People will interact with intelligent machines. Developers should carefully consider how to make this a pleasant experience. In the development of AI-systems, the personality deserves special attention, whereby we have to look carefully at the situation. As an example we compared two chatbots that have the same function but quite a different look-and-feel. Kayak's chatbot (https://www.facebook.com/messages/t/kayak) supports the search for air travel tickets by asking short questions and comes up with relevant options quickly. The Bluebot of KLM (https://www.facebook.com/messages/t/klm) has much more text, it welcomes you and gives you hints and tips for answering its questions, and finally gets you relevant travel options as well. The result is the same, but the feeling created is totally different. One is not better or worse than the other; the target audience is simply different. Kayak fits perfectly with a frequent user at a travel agency, while Bluebot is much more suitable for the occasional traveler. If the personality of an AI system fits well, people will enjoy the interaction.

An interesting aspect of personality is humor. Humor can make the conversation between a human and a digital assistant more lively, but the AI must be able to recognize when the user is in the mood for it. Who contacts the insurance chatbot to report storm damage is not in the mood for a joke.

In addition, the embodiment is of importance: what does the intelligent machine look like? The appearance of digital assistants should not frighten people, because then nobody will want to interact. Also the look-and-feel must meet its purpose and context.

Not perfect
For developers, it is important to think early about the quality characteristics they expect from their AI-system. If we build our own system, we will want to know in detail how well it learns and makes decisions and whether those decisions are transparent. We can also buy 'off the shelf'. If all goes well, the supplier has already tested the technology, but we still have to determine whether the resulting business process, including the intelligent machine, indeed meets the requirements
and expectations. A bank, for example, that decides to put a robot behind the counter wants to know for sure that the robot gives the right advice and handles transactions properly.
If the quality of AI-systems is not sufficient, it entails major personal and societal risks. With the existing and newly added quality attributes, these risks can be well mitigated. We, however, certainly do not strive for perfection. And why would we, with intelligent systems that can eventually develop themselves?

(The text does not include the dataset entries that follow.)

-- ===== src/Http2/Hpack/Table/Run.antt =====
-- HpackDynamicTable of src/KernelHttpLib/http2/Hpack.cpp, from Initialize on, against the dynamic
-- table of RFC 7541 as a list.
use win_kernel_http.Common.{
  ℕ, List, [], ◌∷◌, ◌+◌, ◌*◌, ◌^◌, ◌≤◌, ◌<◌, ◌≡◌, refl, ap, ◌∙◌, true, length, arith, none,
}
use win_kernel_http.Common.Buffer.{Bytes}
use win_kernel_http.Common.Status.{ok}
use win_kernel_http.Http2.Hpack.Table.{
  Table, Field, Change, and_then, insert, lookup, update_max_size, initialize_table, reset_table,
  no_entry,
}
use win_kernel_http.Http2.Hpack.Table.Spec.{keep, inserted, nth_field}
use win_kernel_http.Http2.Hpack.Table.View.{view, IsTable}
use win_kernel_http.Http2.Hpack.Table.Evict.{update_max_size-IsUpdated}
use win_kernel_http.Http2.Hpack.Table.Room.{data_limit}
use win_kernel_http.Http2.Hpack.Table.Insert.{insert-IsInserted, and_then_success, lookup-nth_field}

-- The calls that change a table.
pub data TableOp : Type 0 where
  inserting : Bytes → Bytes → TableOp
  resizing : ℕ → TableOp

-- The calls one after another, each with its memory, up to the first that fails.
pub table_op : TableOp → Table → Change
unfolding insert update_max_size
table_op (inserting name value) t = insert true true name value t
table_op (resizing max_size) t = (update_max_size max_size t, none)

pub run_table : List TableOp → Table → Change
unfolding table_op
run_table [] t = (t, none)
run_table (op ∷ ops) t = and_then (table_op op t) λ next. run_table ops next

-- The same calls on the list.
pub record Model : Type 0 where
  pub limit : ℕ
  pub fields : List Field

abbrev pub model_op : TableOp → Model → Model
model_op (inserting name value) m = record m {
  fields = inserted m.limit (record { name = name; value = value }) m.fields;
}
model_op (resizing max_size) m = record { limit = max_size; fields = keep max_size m.fields }

abbrev pub run_model : List TableOp → Model → Model
run_model [] m = m
run_model (op ∷ ops) m = run_model ops (model_op op m)

-- Lengths and limits far below 2^64.
abbrev pub IsBounded : List TableOp → Type 0
IsBounded [] = Unit {0}
IsBounded (inserting name value ∷ ops) = (length name + length value < 2 ^ 61) × IsBounded ops
IsBounded (resizing max_size ∷ ops) = (max_size < 2 ^ 61) × IsBounded ops

-- A table that holds what the list holds.
pub record IsModel (t : Table) (m : Model) : Type 0 where
  pub table : IsTable t
  pub limit : t.max_size ≡ m.limit
  pub contents : view t ≡ m.fields
  pub within : t.current_size ≤ t.max_size

insert-IsModel :
    (name value : Bytes) (t : Table) (m : Model)
    → length name + length value < 2 ^ 61
    → IsModel t m
    → IsModel (insert true true name value t).0 (model_op (inserting name value) m)
insert-IsModel name value t m bound h =
    let step = insert-IsInserted name value t h.table bound in
    record {
      table = step.table;
      limit = step.same_max ∙ h.limit;
      contents =
          step.contents
          ∙ ap (λ n. inserted n (record { name = name; value = value }) (view t)) h.limit
          ∙ ap (inserted m.limit (record { name = name; value = value })) h.contents;
      within = omega (arith, step.within, step.same_max);
    }

resize-IsModel :
    (max_size : ℕ) (t : Table) (m : Model)
    → max_size < 2 ^ 61
    → IsModel t m
    → IsModel (update_max_size max_size t) (model_op (resizing max_size) m)
resize-IsModel max_size t m bound h =
    let step = update_max_size-IsUpdated t max_size h.table bound in
    record {
      table = step.table;
      limit = step.new_max;
      contents = step.kept ∙ ap (keep max_size) h.contents;
      within = omega (arith, step.within, step.new_max);
    }

run_table-IsModel :
    (ops : List TableOp) (t : Table) (m : Model)
    → IsBounded ops
    → IsModel t m
    → ((run_table ops t).1 ≡ none) × IsModel (run_table ops t).0 (run_model ops m)
unfolding run_table table_op
run_table-IsModel [] t m b h = (refl, h)
run_table-IsModel (inserting name value ∷ ops) t m b h =
    let step = insert-IsInserted name value t h.table b.0 in
    let next = (insert true true name value t).0 in
    let rest =
      run_table-IsModel ops next (model_op (inserting name value) m) b.1
        (insert-IsModel name value t m b.0 h) in
    rw (and_then_success (insert true true name value t) (run_table ops) step.succeeds) rest
run_table-IsModel (resizing max_size ∷ ops) t m b h =
    run_table-IsModel ops (update_max_size max_size t) (model_op (resizing max_size) m) b.1
      (resize-IsModel max_size t m b.0 h)

-- What `Initialize` sets up.
abbrev pub fresh_table : ℕ → Table
fresh_table max_size = record {
  data_ = λ i. 0;
  data_capacity = max_size * 2 + 1024;
  data_used = 0;
  entries = λ i. no_entry;
  entry_capacity = 128;
  entry_count = 0;
  entry_head = 0;
  current_size = 0;
  max_size = max_size;
}

pub initialize_table_fresh :
    (max_size : ℕ) (old : Table)
    → 0 < max_size
    → max_size < 2 ^ 61
    → initialize_table true true max_size old ≡ ok (fresh_table max_size)
unfolding initialize_table reset_table
initialize_table_fresh max_size old p h = rw (data_limit max_size h) (ground arith)

pub fresh-IsModel :
    (max_size : ℕ)
    → max_size < 2 ^ 61
    → IsModel (fresh_table max_size) (record { limit = max_size; fields = [] })
fresh-IsModel max_size h = record {
  table = record {
    laid = record {
      ring = omega arith;
      head_in = omega arith;
      count_in = omega arith;
      used_in = omega arith;
      joined = λ i h. absurd (omega arith);
      ordered = λ i j h k. absurd (omega arith);
      below = λ i h. absurd (omega arith);
    };
    sized = refl;
    small = h;
    size_small = omega arith;
    data_small = omega arith;
  };
  limit = refl;
  contents = refl;
  within = omega arith;
}

-- For a limit between 1 and 2^61 - 1 and any list of insertions with fewer than 2^61 bytes and
-- limits below 2^61: `Initialize` succeeds where memory is there, and then every call on the ring
-- does; the size stays within the limit, and `Lookup` at every index gives what the list of fields
-- has there on which the same calls were done, with a new field in front, and behind it the newest
-- of the old ones as far as they fit.
pub run_table-model :
    (ops : List TableOp) (max_size : ℕ) (old : Table) (index : ℕ)
    → 0 < max_size
    → max_size < 2 ^ 61
    → IsBounded ops
    → (t : Table) × (initialize_table true true max_size old ≡ ok t)
      × ((run_table ops t).1 ≡ none)
      × ((run_table ops t).0.current_size ≤ (run_table ops t).0.max_size)
      × (lookup index (run_table ops t).0
          ≡ nth_field index (run_model ops (record { limit = max_size; fields = [] })).fields)
run_table-model ops max_size old index p h b =
    let (succeeds, model) =
      run_table-IsModel ops (fresh_table max_size) (record { limit = max_size; fields = [] }) b
        (fresh-IsModel max_size h) in
    (
      fresh_table max_size,
      initialize_table_fresh max_size old p h,
      succeeds,
      model.within,
      lookup-nth_field index (run_table ops (fresh_table max_size)).0
          ∙ ap (nth_field index) model.contents,
    )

A pleasant and joyful experience
In this article we introduced the quality characteristics of ISO 25010 and extended it with three new main groups: intelligent behavior, morality and personality, and embodiment as a subcharacteristic of user-friendliness. With the use of these quality characteristics development teams can work towards the right quality
level of their intelligent machines to satisfy the users and make interaction between people and intelligent machines a pleasant and joyful experience.


Author: Rik Marselis. 
Rik is a testing expert at Sogeti in the Netherlands. He is a well-appreciated presenter, trainer, author, consultant and coach in the world of testing. His presentations are always appreciated for their liveliness, his ability to keep the talks serious but light, and his use of practical examples with humorous comparisons. He supported many organizations and people in improving their testing practice by providing useful tools & checklists, practical support and having in-depth discussions.
As a fellow of Sogeti’s R&D network SogetiLabs, Rik researches the testing of intelligent machines (such as chatbots and robots) and how to use artificial intelligence and machine learning to support testing activities.
Rik has published many articles, blogs and papers on testing. He contributed as an author or projectleader to the following books: TestGrip (2007), TMap NEXT BDTM (2008), TPI NEXT (2009), PointZERO (2012), Quality Supervision (2012), Neil’s Quest for Quality (2014). On top of this he made smaller contributions to 12 other books.
In 2018 his latest book “Testing in the digital age; AI makes the difference”, written together with Tom van de Ven and Humayun Shaukat, was published.